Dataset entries
════════

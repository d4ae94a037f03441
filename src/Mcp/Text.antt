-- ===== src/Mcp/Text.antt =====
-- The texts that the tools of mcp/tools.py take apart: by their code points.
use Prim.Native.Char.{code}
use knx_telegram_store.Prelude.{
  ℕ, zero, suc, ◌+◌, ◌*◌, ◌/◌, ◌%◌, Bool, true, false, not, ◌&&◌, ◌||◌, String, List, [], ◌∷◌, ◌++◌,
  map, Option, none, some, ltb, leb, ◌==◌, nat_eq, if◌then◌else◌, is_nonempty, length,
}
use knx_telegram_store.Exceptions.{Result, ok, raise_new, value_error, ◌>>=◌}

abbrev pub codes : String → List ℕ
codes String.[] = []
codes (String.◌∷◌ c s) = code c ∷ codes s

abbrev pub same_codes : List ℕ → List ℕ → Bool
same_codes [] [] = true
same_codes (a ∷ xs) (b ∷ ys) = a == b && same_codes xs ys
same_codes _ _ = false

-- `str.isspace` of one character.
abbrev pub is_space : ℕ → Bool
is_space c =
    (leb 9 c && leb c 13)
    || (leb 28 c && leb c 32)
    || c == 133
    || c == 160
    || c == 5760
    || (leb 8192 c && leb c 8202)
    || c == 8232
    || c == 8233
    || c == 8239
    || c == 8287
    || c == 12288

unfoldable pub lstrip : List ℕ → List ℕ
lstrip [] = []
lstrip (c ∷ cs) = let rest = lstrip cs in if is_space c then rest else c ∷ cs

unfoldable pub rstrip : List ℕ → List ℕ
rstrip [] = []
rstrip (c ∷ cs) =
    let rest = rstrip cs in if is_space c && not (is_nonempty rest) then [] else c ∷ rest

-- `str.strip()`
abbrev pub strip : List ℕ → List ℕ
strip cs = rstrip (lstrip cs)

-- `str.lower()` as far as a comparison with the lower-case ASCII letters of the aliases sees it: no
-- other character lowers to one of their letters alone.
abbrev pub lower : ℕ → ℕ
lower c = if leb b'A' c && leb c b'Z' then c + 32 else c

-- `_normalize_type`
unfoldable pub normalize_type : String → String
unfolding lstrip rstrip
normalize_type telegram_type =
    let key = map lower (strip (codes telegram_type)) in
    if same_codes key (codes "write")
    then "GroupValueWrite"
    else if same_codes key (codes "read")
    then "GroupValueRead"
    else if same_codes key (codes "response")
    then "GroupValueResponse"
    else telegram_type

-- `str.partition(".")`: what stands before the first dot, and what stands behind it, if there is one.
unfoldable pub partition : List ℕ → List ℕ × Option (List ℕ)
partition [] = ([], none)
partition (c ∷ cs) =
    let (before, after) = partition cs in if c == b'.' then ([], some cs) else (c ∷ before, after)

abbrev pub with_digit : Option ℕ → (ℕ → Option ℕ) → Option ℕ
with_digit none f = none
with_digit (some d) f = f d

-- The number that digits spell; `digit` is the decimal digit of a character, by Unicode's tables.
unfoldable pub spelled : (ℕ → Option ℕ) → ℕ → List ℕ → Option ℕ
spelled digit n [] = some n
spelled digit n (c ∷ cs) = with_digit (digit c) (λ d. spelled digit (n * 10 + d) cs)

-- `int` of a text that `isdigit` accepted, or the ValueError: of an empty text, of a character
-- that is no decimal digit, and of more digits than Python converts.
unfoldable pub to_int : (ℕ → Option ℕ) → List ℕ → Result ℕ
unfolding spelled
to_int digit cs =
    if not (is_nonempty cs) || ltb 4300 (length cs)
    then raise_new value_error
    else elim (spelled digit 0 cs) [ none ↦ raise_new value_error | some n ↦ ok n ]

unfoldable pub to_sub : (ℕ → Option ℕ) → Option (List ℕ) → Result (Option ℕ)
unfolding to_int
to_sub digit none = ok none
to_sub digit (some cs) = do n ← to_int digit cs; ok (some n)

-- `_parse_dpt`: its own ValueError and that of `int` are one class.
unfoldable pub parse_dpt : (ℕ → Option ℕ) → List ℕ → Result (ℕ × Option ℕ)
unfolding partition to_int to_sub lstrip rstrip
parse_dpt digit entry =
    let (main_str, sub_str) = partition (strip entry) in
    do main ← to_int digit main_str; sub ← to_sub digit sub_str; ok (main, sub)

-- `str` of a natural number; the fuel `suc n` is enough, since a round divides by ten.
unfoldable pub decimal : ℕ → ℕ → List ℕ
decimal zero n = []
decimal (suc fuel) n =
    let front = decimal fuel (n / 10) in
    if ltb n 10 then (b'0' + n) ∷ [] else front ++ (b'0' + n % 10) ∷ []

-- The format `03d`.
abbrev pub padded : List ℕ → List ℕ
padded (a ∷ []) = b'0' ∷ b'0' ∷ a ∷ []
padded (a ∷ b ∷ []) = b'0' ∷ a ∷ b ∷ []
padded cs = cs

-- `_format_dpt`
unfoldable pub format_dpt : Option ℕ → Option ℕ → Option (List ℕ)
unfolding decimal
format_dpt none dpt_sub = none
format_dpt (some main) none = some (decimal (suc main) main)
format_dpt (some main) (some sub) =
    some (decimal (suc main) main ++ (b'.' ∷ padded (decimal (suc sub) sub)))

════════

§ **INSTRUCTIONS TO FOLLOW**:
Copy, exactly and only, the lines above that begin with the one containing "padded (a ∷ []) = b'0' ∷ b'0' ∷ a ∷ []" and finish with the one containing "format_dpt (some main) (some".

§ **THE ANSWER**:
padded (a ∷ []) = b'0' ∷ b'0' ∷ a ∷ []
padded (a ∷ b ∷ []) = b'0' ∷ a ∷ b ∷ []
padded cs = cs

-- `_format_dpt`
unfoldable pub format_dpt : Option ℕ → Option ℕ → Option (List ℕ)
unfolding decimal
format_dpt none dpt_sub = none
format_dpt (some main) none = some (decimal (suc main) main)
format_dpt (some main) (some sub) =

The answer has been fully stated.